What makes excellent Italian meals and a great Italian restaurant? This is what I think.
Italy has a amazing tradition of fine food. Italian food’s value to Italian culture can not be overstated. It is a single of the central elements, and why should not it be? Think about Italy’s geography for a second:
It runs a long way from north to south. Thus, it has a wide array of growing seasons and soil types. This suggests a rich diversity of components for food.
It is a peninsula, which means it is almost surrounded by the sea but also connected to the fantastic Eurasian land mass. There is an abundance of fresh seafood and foreign components from neighboring lands.
It sits amongst Europe and Africa in the Mediterranean. All Mediterranean cultures have outstanding food traditions from North Africa to Lebanon and Israel, France, Greece, Spain and, of course, Italy.
When you assume of noodles and pasta, you probably think of Italy, but those great inventions came to Italy from China thanks to Marco Polo. It tells you a lot about Italian food culture that something so basic became connected with Italy even though it did not originate there.
Anyway, meals is a key element of Italian culture. Therefore, the meals is the most critical component of the restaurant. Of course, a wonderful Italian restaurant will have a wonderful wine list, a clean and elegant decor, and superb service, but a excellent Italian restaurant can get by on great food alone, even if they have a crummy wine list, poor service, and a dingy decoration scheme.
By the way, if you leave an “Italian” restaurant hungry, it is absolutely not authentic. A white tablecloth and high bill do not a wonderful bistro make. Frankly, I cannot stand these fancy Italian restaurants in Manhattan that charge you $400 for a morsel that makes you want to quit for a slice of pizza on the way residence. A excellent Italian ristorante will leave you complete, not stuffed, but full.
The second aspect of a great Italian restaurant is the service. The service will be warm and skilled, but not overly friendly. After dinner spots in Napa Valley are taken and the meal gets rolling, the service should really be nearly invisible. Run — never stroll — from any Italian restaurant exactly where the waitperson address the table like this:
“How you guys doin’ tonight?” when ladies are seated at the table. This is most un-Italian of them. An Italian would under no circumstances call a lady “guy.” Even in spaghetti-and-meatballs-form locations, the waiter could possibly say, “How is everyone this evening?” The will not tarry with smaller speak in the white-tablecloth places, not the fantastic ones, anyway. It is all about the meal and your comfort.

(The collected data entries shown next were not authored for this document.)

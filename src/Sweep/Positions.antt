-- ===== src/Sweep/Positions.antt =====
-- The order in which src/run_farm/sweep.py enumerates the legs.
use run_farm.Prelude.{
  ℕ, zero, suc, ◌+◌, ◌*◌, ◌≡◌, refl, String, Option, some, List, [], ◌∷◌, ◌++◌, map, length,
  get_elem?, Dict, arith, ap, ◌∙◌,
}
use run_farm.Sweep.{flat_map, with_each, product, default_rid, make_leg, cells_of, rid_by, legs}

length-append : {A : Type 0} (xs ys : List A) → length (xs ++ ys) ≡ length xs + length ys
length-append [] ys = ground arith
length-append (x ∷ xs) ys = ground (arith, length-append xs ys)

length-map : {A B : Type 0} (f : A → B) (xs : List A) → length (map f xs) ≡ length xs
length-map f [] = refl
length-map f (x ∷ xs) = ground (arith, length-map f xs)

get_elem?-map :
    {A B : Type 0} (f : A → B) (xs : List A) (i : ℕ) (x : A)
    → get_elem? xs i ≡ some x
    → get_elem? (map f xs) i ≡ some (f x)
get_elem?-map f [] i x h = ground arith
get_elem?-map f (y ∷ ys) zero x h = ground arith
get_elem?-map f (y ∷ ys) (suc i) x h = get_elem?-map f ys i x h

append_left :
    {A : Type 0} (xs ys : List A) (i : ℕ) (x : A)
    → get_elem? xs i ≡ some x
    → get_elem? (xs ++ ys) i ≡ some x
append_left [] ys i x h = ground arith
append_left (z ∷ xs) ys zero x h = h
append_left (z ∷ xs) ys (suc i) x h = append_left xs ys i x h

append_right :
    {A : Type 0} (xs ys : List A) (i k : ℕ)
    → k ≡ length xs + i
    → get_elem? (xs ++ ys) k ≡ get_elem? ys i
append_right [] ys i k e = ap (get_elem? ys) (omega arith)
append_right (x ∷ xs) ys i zero e = ground arith
append_right (x ∷ xs) ys i (suc k) e = append_right xs ys i k (ground arith)

length-flat_map :
    {A B : Type 0} (f : A → List B) (n : ℕ)
    → ((x : A) → length (f x) ≡ n)
    → (xs : List A) → length (flat_map f xs) ≡ length xs * n
unfolding flat_map
length-flat_map f n each [] = ground arith
length-flat_map f n each (x ∷ xs) =
    let rest = length-flat_map f n each xs in
    let size = each x in let both = length-append (f x) (flat_map f xs) in ground arith

get_elem?-flat_map :
    {A B : Type 0} (f : A → List B) (n : ℕ)
    → ((x : A) → length (f x) ≡ n)
    → (xs : List A) (i j k : ℕ) (x : A) (y : B) → get_elem? xs i ≡ some x
    → get_elem? (f x) j ≡ some y
    → k ≡ i * n + j
    → get_elem? (flat_map f xs) k ≡ some y
unfolding flat_map
get_elem?-flat_map f n each [] i j k x y p q e = ground arith
get_elem?-flat_map f n each (z ∷ xs) zero j k x y p q e =
    append_left (f z) (flat_map f xs) k y (grind arith)
get_elem?-flat_map f n each (z ∷ xs) (suc i) j k x y p q e =
    append_right (f z) (flat_map f xs) (i * n + j) k (ground (arith, each z))
    ∙ get_elem?-flat_map f n each xs i j (i * n + j) x y p q refl

length-with_each :
    {A B C : Type 0} (ys : List B) (zs : List C) (x : A)
    → length (with_each ys zs x) ≡ length ys * length zs
unfolding with_each
length-with_each ys zs x =
    length-flat_map (λ y. map (λ z. (x, y, z)) zs) (length zs) (λ y. length-map (λ z. (x, y, z)) zs)
      ys

-- The legs are as many as the product has members, and the leg of an arm, a replicate and a cell
-- stands where the counting of arms, then replicates, then cells puts it, with these three as its axes
-- and with the seed and the name that `seed_fn` and `rid_fn`, or the default, give for them.
pub legs_lem :
    {R S V : Type 0} (text_of_rep : R → String) (text : V → String) (arms : List String)
    (reps : List R) (grid : Option (List (Dict String V)))
    (seed_fn : String → R → Dict String V → S)
    (rid_fn : Option (String → R → Dict String V → String)) (a r c : ℕ) (arm : String) (rep : R)
    (cell : Dict String V)
    → get_elem? arms a ≡ some arm
    → get_elem? reps r ≡ some rep
    → get_elem? (cells_of grid) c ≡ some cell
    → (length (legs text_of_rep text arms reps grid seed_fn rid_fn)
        ≡ length arms * (length reps * length (cells_of grid)))
      × (get_elem?
            (legs text_of_rep text arms reps grid seed_fn rid_fn)
            (a * (length reps * length (cells_of grid)) + (r * length (cells_of grid) + c))
          ≡ some (record {
            rid = rid_by (default_rid text_of_rep text) rid_fn arm rep cell;
            arm = arm;
            replicate = rep;
            seed = seed_fn arm rep cell;
            cfg = cell;
          }))
unfolding legs product with_each
legs_lem text_of_rep text arms reps grid seed_fn rid_fn a r c arm rep cell p q s =
    let cells = cells_of grid in
    let make = make_leg seed_fn (rid_by (default_rid text_of_rep text) rid_fn) in
    let size = length-with_each reps cells in
    let within = r * length cells + c in
    let inner =
      get_elem?-flat_map (λ y. map (λ z. (arm, y, z)) cells) (length cells)
        (λ y. length-map (λ z. (arm, y, z)) cells) reps r c within rep (arm, rep, cell) q
        (get_elem?-map (λ z. (arm, rep, z)) cells c cell s) refl in
    let at = a * (length reps * length cells) + within in
    (
      length-map make (product arms reps cells)
          ∙ length-flat_map (with_each reps cells) (length reps * length cells) size arms,
      get_elem?-map make (product arms reps cells) at (arm, rep, cell)
          (get_elem?-flat_map (with_each reps cells) (length reps * length cells) size arms a within
            at arm (arm, rep, cell) p inner refl),
    )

The third aspect of a terrific Italian restaurant is the ambiance. I don’t know what it is, but Italians seem to be in a position to build a great atmosphere anyplace. I have eaten at places in strip malls in the suburbs of Denver — as un-romantic a setting as there is — that come close to good. A genuinely outstanding Italian restaurant will just have a specific feeling from the minute you walk in the door, a warmth and a glow that cannot actually be described.